Caspases are responsible for cell apoptosis, and specifically, caspase-3 activation plays a critical role in the execution of all apoptosis signaling pathways [48, 49]. Therefore, the detection of elevated levels of cleaved caspase-3 by western blotting following PWS and PIR treatment is a strong indication of apoptotic cell death in PC-3 cells via the intrinsic apoptosis pathway. In a previous in vitro study, the stem bark extract of P. africana was also observed to exhibit significant apoptosis in the PC-3 cell line and lymph node carcinoma of the prostate (LNCaP) [18].

5. Conclusion

PIR extracts exhibited a dose-dependent, in vitro antiprostate cancer effect on PC-3 prostate cancer cells similar to that of the traditional PWS extract. Therefore, these extracts can be used as an alternative to stem bark collected from wild populations of P. africana, which may contribute to mitigating the threat of overexploitation of this endangered species. Furthermore, this study provides a sound theoretical basis for further research on the development of new prostate-cancer drugs from micropropagated P. africana plants.

Data Availability

The data for this current study are available from the corresponding author upon reasonable request.

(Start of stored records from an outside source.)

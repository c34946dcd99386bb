-- ===== src/Files/PathSafety.antt =====
-- paw_kit/pathsafety.py. A resolved path is its parts from the root of the file system; `Path.resolve` is a
-- parameter.
use paw_toolkit.Prelude.{
  String, List, [], ◌∷◌, ◌++◌, Bool, true, false, ◌||◌, not, ◌≡◌, ◌↔◌, ◌⊎◌, refl, sym, subst,
  str_eq, str_eq_iff, str_eq_refl, if◌then◌else◌, arith, ap, Bool-cases, inl, inr,
}
use paw_toolkit.Jit.Outcome.{Result, Error, ok, raised, value_error, ◌>>=◌, ok_injective}

abbrev pub same_path : List String → List String → Bool
same_path [] [] = true
same_path (p ∷ ps) (q ∷ qs) = if str_eq p q then same_path ps qs else false
same_path _ _ = false

-- `root in path.parents`: the parts of the root are the first of the path's, and are not all of them.
unfoldable pub is_parent : List String → List String → Bool
is_parent [] [] = false
is_parent [] (p ∷ ps) = true
is_parent (r ∷ rs) [] = false
is_parent (r ∷ rs) (p ∷ ps) = if str_eq r p then is_parent rs ps else false

abbrev checked : List String → List String → Result (List String)
checked root path =
    if same_path path root || not (is_parent root path) then raised value_error else ok path

unfoldable pub ensure_contained :
    (String → Result (List String)) → String → String → Result (List String)
ensure_contained resolve path root = resolve root >>= λ resolved_root.
    resolve path >>= λ resolved_path. checked resolved_root resolved_path

-- A path strictly below a root.
abbrev pub IsBelow : List String → List String → Type 0
IsBelow root path = (p : String) × (ps : List String) × (path ≡ root ++ (p ∷ ps))

is_parent-IsBelow : (root path : List String) → is_parent root path ≡ true → IsBelow root path
unfolding is_parent
is_parent-IsBelow [] [] h = absurd (grind arith)
is_parent-IsBelow [] (p ∷ ps) h = (p, ps, refl)
is_parent-IsBelow (r ∷ rs) [] h = absurd (grind arith)
is_parent-IsBelow (r ∷ rs) (p ∷ ps) h = elim (Bool-cases (str_eq r p)) [
  | inl same ↦
      let (q, qs, below) = is_parent-IsBelow rs ps (rw same at h) in
      (q, qs, rw ((str_eq_iff r p).0 same, below) refl)
  | inr apart ↦ absurd (grind arith)
]

below-is_parent :
    (root : List String) (p : String) (ps : List String)
    → (is_parent root (root ++ (p ∷ ps)) ≡ true) × (same_path (root ++ (p ∷ ps)) root ≡ false)
unfolding is_parent
below-is_parent [] p ps = (refl, refl)
below-is_parent (r ∷ rs) p ps = rw (str_eq_refl r) (below-is_parent rs p ps)

passes :
    (root path : List String)
    → IsBelow root path
    → (is_parent root path ≡ true) × (same_path path root ≡ false)
passes root path (p, ps, below) =
    subst (λ q. (is_parent root q ≡ true) × (same_path q root ≡ false)) (sym below)
      (below-is_parent root p ps)

-- The root and the path resolve, the path to `p`, strictly below the root.
abbrev pub ResolvesBelow : Result (List String) → Result (List String) → List String → Type 0
ResolvesBelow root path p = (r : List String) × (root ≡ ok r) × (path ≡ ok p) × IsBelow r p

abbrev contained : Result (List String) → Result (List String) → Result (List String)
contained root path = root >>= λ r. path >>= λ q. checked r q

checked-IsBelow :
    (root path p : List String) → checked root path ≡ ok p → (path ≡ p) × IsBelow root path
checked-IsBelow root path p h =
    elim (Bool-cases (same_path path root || not (is_parent root path))) [
      | inl bad ↦ absurd (ground arith)
      | inr good ↦ (ok_injective (rw good at h), is_parent-IsBelow root path (ground arith))
    ]

checked_of_below : (root path : List String) → IsBelow root path → checked root path ≡ ok path
checked_of_below root path below = let (parent, apart) = passes root path below in ground arith

outcome :
    (root path : Result (List String))
    → ((p : List String) × (contained root path ≡ ok p))
      ⊎ ((contained root path ≡ raised value_error)
          ⊎ ((e : Error) × (contained root path ≡ raised e)
              × ((root ≡ raised e) ⊎ (path ≡ raised e))))
outcome (raised e) path = inr (inr (e, refl, inl refl))
outcome (ok r) (raised e) = inr (inr (e, refl, inr refl))
outcome (ok r) (ok q) = elim (Bool-cases (same_path q r || not (is_parent r q))) [
  | inl bad ↦ inr (inl (ground arith))
  | inr good ↦ inl (q, ground arith)
]

contained_iff :
    (root path : Result (List String)) (p : List String)
    → (contained root path ≡ ok p) ↔ ResolvesBelow root path p
contained_iff (raised e) path p = (
  (λ h. absurd (grind arith)),
  (λ d. let (r, impossible, same, below) = d in absurd (grind arith)),
)
contained_iff (ok r) (raised e) p = (
  (λ h. absurd (grind arith)),
  (λ d. let (r', other, impossible, below) = d in absurd (grind arith)),
)
contained_iff (ok r) (ok q) p = (
  (λ h.
      let (same, below) = checked-IsBelow r q p h in
      (r, refl, ap ok same, subst (IsBelow r) same below)),
  (λ d.
      let (r', root, path, below) = d in
      subst (λ x. checked x q ≡ ok p) (sym (ok_injective root))
        (subst (λ x. checked r' x ≡ ok p) (sym (ok_injective path)) (checked_of_below r' p below))),
)

-- `ensure_contained` answers with a path just when the root and the path resolve and that path, to which the
-- given one resolves, is a strict descendant of the root's; where it answers with none, it raises ValueError, or
-- the exception that resolving the root or the path raised.
pub ensure_contained_iff :
    (resolve : String → Result (List String)) (path root : String)
    → ((p : List String)
        → (ensure_contained resolve path root ≡ ok p)
          ↔ ResolvesBelow (resolve root) (resolve path) p)
      × (((p : List String) × (ensure_contained resolve path root ≡ ok p))
          ⊎ ((ensure_contained resolve path root ≡ raised value_error)
              ⊎ ((e : Error) × (ensure_contained resolve path root ≡ raised e)
                  × ((resolve root ≡ raised e) ⊎ (resolve path ≡ raised e)))))
unfolding ensure_contained
ensure_contained_iff resolve path root =
    (contained_iff (resolve root) (resolve path), outcome (resolve root) (resolve path))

Richard Komakech and Nam-Hui Yim are first coauthors.

Conflicts of Interest

The authors declare that there are no conflicts of interest regarding the publication of this review paper.

Authors’ Contributions

Richard Komakech and Nam-Hui Yim contributed equally to this work as first coauthors.

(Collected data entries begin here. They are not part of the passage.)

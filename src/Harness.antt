-- ===== src/Harness.antt =====
-- paw_kit/test
pub mod Integers
pub mod Matching
pub mod Suite
pub mod Fuzzer
pub mod Reporting
pub mod Assertions
pub mod Texts
pub mod Runner
pub mod Compare
pub mod Active
pub mod Judge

This study was supported under the framework of International Cooperation Program (Korea-South Africa Cooperative Research Project for Excavation of Candidate Resources of Complementary and Alternative Medicine) managed by the National Research Foundation of Korea (grant nos. 2017093655 and KIOM: D17470). Additionally, this work was also supported by the Development of Foundational Techniques for the Domestic Production of Herbal Medicines (K18405), Development of Sustainable Application for Standard Herbal Resources (KSN2012320), and Korea Institute of Oriental Medicine through the Ministry of Science and ICT, Republic of Korea. This study was also supported by the University of Science and Technology (UST) overseas training grant (UST 2019-2020) for part of the research conducted at the University of the Free State, Republic of South Africa.